For this exercise, please find the lines in the entries that include the word "record" and copy them.

★ ★ ★ ★ ★ ★ ★

-- ===== src/Orchestrator/Manual/Timers.antt =====
-- The renewals that `manualDecide` leaves running.
use wince_backend.Prelude.{ℕ, ℤ, ◌≡◌, refl, not, Option, none, some, List, ◌∷◌, filter}
use wince_backend.Redis.{Redis}
use wince_backend.World.{World, Heartbeat}
use wince_backend.World.Monad.{ok, pure, ◌>>=◌, ◌>>◌}
use wince_backend.World.Monad.Keeps.{Keeps-gets}
use Prim.Native.String.{String}
use wince_backend.Lock
use wince_backend.Cooldown
use wince_backend.Outbound
use wince_backend.World.Monad.Returns.{
  Returns, Returns-Keeps, Returns-pure, Returns-throw, Returns-if, Returns-bind, Returns-try,
  Keeps-nothing,
}
use wince_backend.Orchestrator.{
  Readers, SkipReason, budget_exhausted, same_timer, start_heartbeat, clear_heartbeat, let_go,
}
use wince_backend.Orchestrator.Quiet.{
  IsQuiet, acquire_quiet, release_quiet, reserve_quiet, write_quiet, mark_delivered_quiet,
  set_cooldown_quiet, mark_sent_quiet, route_quiet, discount_code_quiet, is_on_cooldown_quiet,
  is_sent_quiet,
}
use wince_backend.Orchestrator.Manual.{
  ManualParams, ManualResult, sent, refused, errored, guard_order, order_locked, with_order_token,
  after_guard, manual_decide,
}

module _ {R : Redis} (hs : List Heartbeat) where
  abbrev pub Timed : World R → Type 0
  Timed w = w.heartbeats ≡ hs

  Timed-IsQuiet : IsQuiet Timed
  Timed-IsQuiet = record {
    blind = record {
      store_blind = λ w s n h. h;
      redis_blind = λ w n h. h;
      db_blind = λ w n h. h;
      kafka_blind = λ w n h. h;
      messages_blind = λ w m n h. h;
      uuid_blind = λ w n h. h;
    };
    interventions_blind = λ w i h. h;
    codes_blind = λ w c h. h;
  }

abbrev pub timer : ℤ → ℕ → Heartbeat
timer c token = record { user = c; token = token }

-- The timers at the end of a manual order of a customer that began with `hs`, by its result.
module _ {R : Redis} (c : ℤ) (hs : List Heartbeat) where
  abbrev pub LeavesRefused : SkipReason → World R → Type 0
  LeavesRefused budget_exhausted w = (token : ℕ) × (w.heartbeats ≡ timer c token ∷ hs)
  LeavesRefused _ w = w.heartbeats ≡ hs

  abbrev LeavesGuard : Option SkipReason → World R → Type 0
  LeavesGuard none w = w.heartbeats ≡ hs
  LeavesGuard (some r) w = LeavesRefused r w

  abbrev pub LeavesTimers : ManualResult → World R → Type 0
  LeavesTimers (sent i) w =
      (token : ℕ) × (w.heartbeats ≡ filter (λ h. not (same_timer c token h)) (timer c token ∷ hs))
  LeavesTimers (refused r) w = LeavesRefused r w
  LeavesTimers (errored e) w = Unit {0}

module _ (R : Redis) (rd : Readers) (hs : List Heartbeat) where
  start-Timed :
      (c : ℤ) (k : ℕ) → Returns (Timed hs) (λ _. Timed (timer c k ∷ hs)) (start_heartbeat R rd c k)
  unfolding start_heartbeat ◌>>=◌
  start-Timed c k = record { at = λ w p _ _. rw p refl }

  clear-Timed :
      (c : ℤ) (k : ℕ)
      → Returns
          (Timed hs)
          (λ _. Timed (filter (λ h. not (same_timer c k h)) hs))
          (clear_heartbeat R rd c k)
  unfolding clear_heartbeat ◌>>=◌
  clear-Timed c k = record { at = λ w p _ _. rw p refl }

  let_go-Timed :
      (c : ℤ) (k : ℕ)
      → Returns
          (Timed hs)
          (λ _. Timed (filter (λ h. not (same_timer c k h)) hs))
          (let_go R rd c c k)
  unfolding let_go
  let_go-Timed c k =
      Returns-bind _ _ (clear-Timed c k)
        (λ _. Returns-Keeps (release_quiet R (Timed-IsQuiet _) c k))

module _ (R : Redis) (rd : Readers) (hs : List Heartbeat) where
  -- the writes after the request
  settle-Timed :
      (p : ManualParams) (k : ℕ) (i : String) (ttl : ℕ)
      → Returns (Timed (timer p.customer_id k ∷ hs)) (LeavesTimers p.customer_id hs) (do
        Outbound.mark_delivered R i
        Cooldown.set_cooldown R p.store_id p.customer_id ttl
        Lock.mark_sent R p.customer_id
        let_go R rd p.customer_id p.customer_id k
        pure (sent i))
  settle-Timed p k i ttl =
      let q = Timed-IsQuiet (timer p.customer_id k ∷ hs) in
      Returns-bind _ _ (Returns-Keeps (mark_delivered_quiet R q i)) (λ _.
        Returns-bind _ _ (Returns-Keeps (set_cooldown_quiet R q _ _ _)) (λ _.
          Returns-bind _ _ (Returns-Keeps (mark_sent_quiet R q _)) (λ _.
            Returns-bind _ _ (let_go-Timed R rd (timer p.customer_id k ∷ hs) p.customer_id k)
              (λ _. Returns-pure _ (λ w h. (k, h))))))

  guard_order-Timed :
      (p : ManualParams) → Returns (Timed hs) (LeavesGuard p.customer_id hs) (guard_order R rd p)
  unfolding guard_order
  guard_order-Timed p = Returns-if p.override_cooldown _ _ (Returns-pure _ (λ w h. h)) (
      Returns-bind _ _ (Returns-Keeps (is_on_cooldown_quiet R (Timed-IsQuiet hs) _ _)) (λ b.
        Returns-if b _ _ (Returns-pure _ (λ w h. h)) (
          Returns-bind _ _ (Returns-Keeps (is_sent_quiet R (Timed-IsQuiet hs) _))
            (λ s. Returns-if s _ _ (Returns-pure _ (λ w h. h)) (Returns-pure _ (λ w h. h))))))

  order_locked-Timed :
      (p : ManualParams) (k : ℕ)
      → Returns (Timed hs) (LeavesTimers p.customer_id hs) (order_locked R rd p k)
  unfolding order_locked
  order_locked-Timed p k =
      let q = Timed-IsQuiet (timer p.customer_id k ∷ hs) in
      Returns-bind _ _ (start-Timed R rd hs p.customer_id k) (λ _.
        Returns-bind _ _ (Returns-Keeps (reserve_quiet R q _ _ _)) (λ b.
          Returns-if b _ _
            (Returns-bind _ _ (Returns-Keeps (Keeps-gets _)) (λ now.
              Returns-bind _ _ (Returns-Keeps (discount_code_quiet R rd q _ _ _)) (λ code.
                Returns-bind _ _ (Returns-Keeps (write_quiet R q _)) (λ _.
                  Returns-bind _ _ (Returns-Keeps (route_quiet R (λ w l h. h) _))
                    (λ _. settle-Timed p k _ _)))))
            (Returns-pure _ (λ w h. (k, h)))))

  with_order_token-Timed :
      (p : ManualParams) (t : Option ℕ)
      → Returns (Timed hs) (LeavesTimers p.customer_id hs) (with_order_token R rd p t)
  unfolding with_order_token
  with_order_token-Timed p none = Returns-pure _ (λ w h. h)
  with_order_token-Timed p (some k) =
      Returns-try _ _ (order_locked-Timed p k)
        (λ e. Returns-bind _ _ (Returns-Keeps (Keeps-nothing _)) (λ _. Returns-throw e))

  after_guard-Timed :
      (p : ManualParams) (r : Option SkipReason)
      → Returns
          (LeavesGuard p.customer_id hs r)
          (LeavesTimers p.customer_id hs)
          (after_guard R rd p r)
  unfolding after_guard
  after_guard-Timed p (some r) = Returns-pure _ (λ w h. h)
  after_guard-Timed p none =
      Returns-bind _ _ (Returns-Keeps (acquire_quiet R (Timed-IsQuiet hs) _))
        (with_order_token-Timed p)

  manual_decide-Timed :
      (p : ManualParams) → Returns (Timed hs) (LeavesTimers p.customer_id hs) (manual_decide R rd p)
  unfolding manual_decide
  manual_decide-Timed p =
      Returns-try _ _ (Returns-bind _ _ (guard_order-Timed p) (after_guard-Timed p))
        (λ e. Returns-pure _ (λ w _. tt))

module _ (R : Redis) (rd : Readers) where
  -- The timers that an order which returns `r` leaves: its own runs on where the budget refused it,
  -- all are as they were where anything else refused it, and where it was sent its own is stopped.
  pub manual_decide-LeavesTimers :
      (w : World R) (p : ManualParams) (r : ManualResult)
      → (manual_decide R rd p w).0 ≡ ok r
      → LeavesTimers p.customer_id w.heartbeats r (manual_decide R rd p w).1
  manual_decide-LeavesTimers w p r h = (manual_decide-Timed R rd w.heartbeats p).at w refl r h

★ ★ ★ ★ ★ ★ ★

■ **Completed task**
  Timed-IsQuiet = record {
    blind = record {
timer c token = record { user = c; token = token }
  start-Timed c k = record { at = λ w p _ _. rw p refl }
  clear-Timed c k = record { at = λ w p _ _. rw p refl }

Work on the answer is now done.